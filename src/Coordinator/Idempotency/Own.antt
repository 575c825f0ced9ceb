-- ===== src/Coordinator/Idempotency/Own.antt =====
-- Whose answer is replayed: a client only gets its own.
use bacchus.Shared.{
  ℕ, ◌+◌, ◌≤◌, List, [], ◌∷◌, ◌++◌, ◌≡◌, refl, Option, none, some, Bytes, length, All, arith, In,
  ◌⊎◌, ap, subst, All-In, Option-cases, bytes_eq, bytes_eq_iff, Bool-cases, inl, inr, ◌==◌,
}
use bacchus.Delegation.Envelope.{NoNul, nul_separates}
use bacchus.Coordinator.Idempotency.{
  Send, MintedConnect, Entry, connect_dedupe_ttl, connect_key, find, put, is_expired,
  replay_minted_connect, pair_and_reply, prune_minted_connects,
}
use bacchus.Coordinator.Idempotency.Replay.{Step, pairs, prunes, step, run}

module _ {W : Type 0} where
  abbrev entry_of : Bytes → Bytes → Option Bytes → W → W → ℕ → Entry W
  entry_of src nonce peer assign reply at = record {
    key = connect_key (some src) nonce;
    minted = record { peer = peer; assign = assign; reply = reply; at = at };
  }

  -- The connect that an entry was recorded for.
  abbrev IsOrigin : Entry W → Step W → Type 0
  IsOrigin e (pairs none n p a r now) = ⊥
  IsOrigin e (pairs (some s) n p a r now) = e ≡ entry_of s n p a r now
  IsOrigin e (prunes now) = ⊥

  put-In :
      (key : Bytes) (m : MintedConnect W) (t : List (Entry W)) (e : Entry W)
      → In e (put key m t)
      → (e ≡ record { key = key; minted = m }) ⊎ In e t
  unfolding put
  put-In key m [] e h = h
  put-In key m (x ∷ xs) e h = elim (Bool-cases (bytes_eq x.key key)) [
    | inl here ↦ ground arith
    | inr there ↦ ground (arith, put-In key m xs e)
  ]

  prune-In :
      (now : ℕ) (t : List (Entry W)) (e : Entry W) → In e (prune_minted_connects now t) → In e t
  unfolding prune_minted_connects
  prune-In now [] e h = h
  prune-In now (x ∷ xs) e h = elim (Bool-cases (is_expired now x.minted)) [
    | inl over ↦ ground (arith, prune-In now xs e)
    | inr fresh ↦ ground (arith, prune-In now xs e)
  ]

  step-IsOrigin :
      (s : Step W) (t : List (Entry W)) (e : Entry W) → In e (step s t) → IsOrigin e s ⊎ In e t
  unfolding step pair_and_reply
  step-IsOrigin (pairs none n p a r now) t e h = inr h
  step-IsOrigin (pairs (some s) n p a r now) t e h = elim (Bool-cases (length n == 0)) [
    | inl unnamed ↦ ground arith
    | inr named ↦ ground (
      arith,
      put-In (connect_key (some s) n) (record { peer = p; assign = a; reply = r; at = now }) t e,
    )
  ]
  step-IsOrigin (prunes now) t e h = inr (prune-In now t e h)

  run-IsOrigin :
      (ss : List (Step W)) (t : List (Entry W)) (e : Entry W)
      → In e (run ss t)
      → ((s : Step W) × In s ss × IsOrigin e s) ⊎ In e t
  unfolding run
  run-IsOrigin [] t e h = inr h
  run-IsOrigin (s ∷ ss) t e h = elim (run-IsOrigin ss (step s t) e h) [
    | inl (s', m, o) ↦ inl (s', inr m, o)
    | inr m ↦ elim (step-IsOrigin s t e m) [
      | inl o ↦ inl (s, inl refl, o)
      | inr before ↦ inr before
    ]
  ]

  find-In :
      (key : Bytes) (t : List (Entry W)) (m : MintedConnect W)
      → find key t ≡ some m
      → In (record { key = key; minted = m }) t
  unfolding find
  find-In key [] m h = ground arith
  find-In key (e ∷ es) m h = elim (Bool-cases (bytes_eq e.key key)) [
    | inl here ↦ inl (ground (arith, bytes_eq_iff e.key key))
    | inr there ↦ inr (find-In key es m (ground arith))
  ]

  abbrev pub HasPlainSource : Step W → Type 0
  HasPlainSource (pairs none n p a r now) = Unit
  HasPlainSource (pairs (some s) n p a r now) = NoNul s
  HasPlainSource (prunes now) = Unit

  origin-step :
      (src nonce : Bytes) (m : MintedConnect W) (s : Step W)
      → NoNul src
      → HasPlainSource s
      → IsOrigin (record { key = connect_key (some src) nonce; minted = m }) s
      → s ≡ pairs (some src) nonce m.peer m.assign m.reply m.at
  unfolding connect_key
  origin-step src nonce m (pairs none n p a r now) hs plain o = absurd o
  origin-step src nonce m (pairs (some s) n p a r now) hs plain o =
      let same : src ++ (0 ∷ nonce) ≡ s ++ (0 ∷ n) = ap (λ e. e.key) o in
      let (same_src, same_nonce) = nul_separates src s nonce n hs plain same in
      let same_m : ◌≡◌ {A = MintedConnect W} m
          (record { peer = p; assign = a; reply = r; at = now }) =
        ap (λ e. e.minted) o in
      ground arith
  origin-step src nonce m (prunes now) hs plain o = absurd o

  -- The datagrams of an answer: the node's, if there is one, and then the client's.
  abbrev pub answer : Bytes → Option Bytes → W → W → List (Send W)
  answer src none assign reply = record { to = some src; wire = reply } ∷ []
  answer src (some peer) assign reply =
      record { to = some peer; wire = assign } ∷ record { to = some src; wire = reply } ∷ []

  -- A client is only ever replayed its own answer: what is replayed to a source and a nonce, from a
  -- table that was empty at first, is exactly the answer to a connect of that source and that nonce,
  -- answered at most 30 seconds before: its datagram to the node it was paired with, if any, then its
  -- reply to the client, and nothing else. No address holds a NUL.
  pub replay_is_own :
      (src nonce : Bytes) (now : ℕ) (ss : List (Step W)) (sent : List (Send W))
      → NoNul src
      → All HasPlainSource ss
      → replay_minted_connect (some src) nonce now (run ss []) ≡ some sent
      → (peer : Option Bytes) × (assign : W) × (reply : W) × (at : ℕ) × In
          (pairs (some src) nonce peer assign reply at)
          ss
        × (now ≤ at + connect_dedupe_ttl)
        × (sent ≡ answer src peer assign reply)
  unfolding replay_minted_connect is_expired
  replay_is_own src nonce now ss sent hs plain h =
      elim (Option-cases (find (connect_key (some src) nonce) (run ss []))) [
        | inl never ↦ ground arith
        | inr (m, found) ↦
            elim (run-IsOrigin ss [] (record { key = connect_key (some src) nonce; minted = m })
              (find-In (connect_key (some src) nonce) (run ss []) m found)) [
                | inr none_before ↦ absurd none_before
                | inl (s, i, o) ↦
                    let e = origin-step src nonce m s hs (All-In HasPlainSource s ss plain i) o in
                    (
                      m.peer,
                      m.assign,
                      m.reply,
                      m.at,
                      subst (λ x. In x ss) e i,
                      ground arith,
                      elim (Option-cases m.peer) [
                        | inl no_peer ↦ ground arith
                        | inr (a, peer) ↦ ground arith
                      ],
                    )
              ]
      ]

========================================

▸ **Problem details**
Looking at the records above, tally the lines holding "assign" and reply with that number only.

▸ **Response below**
12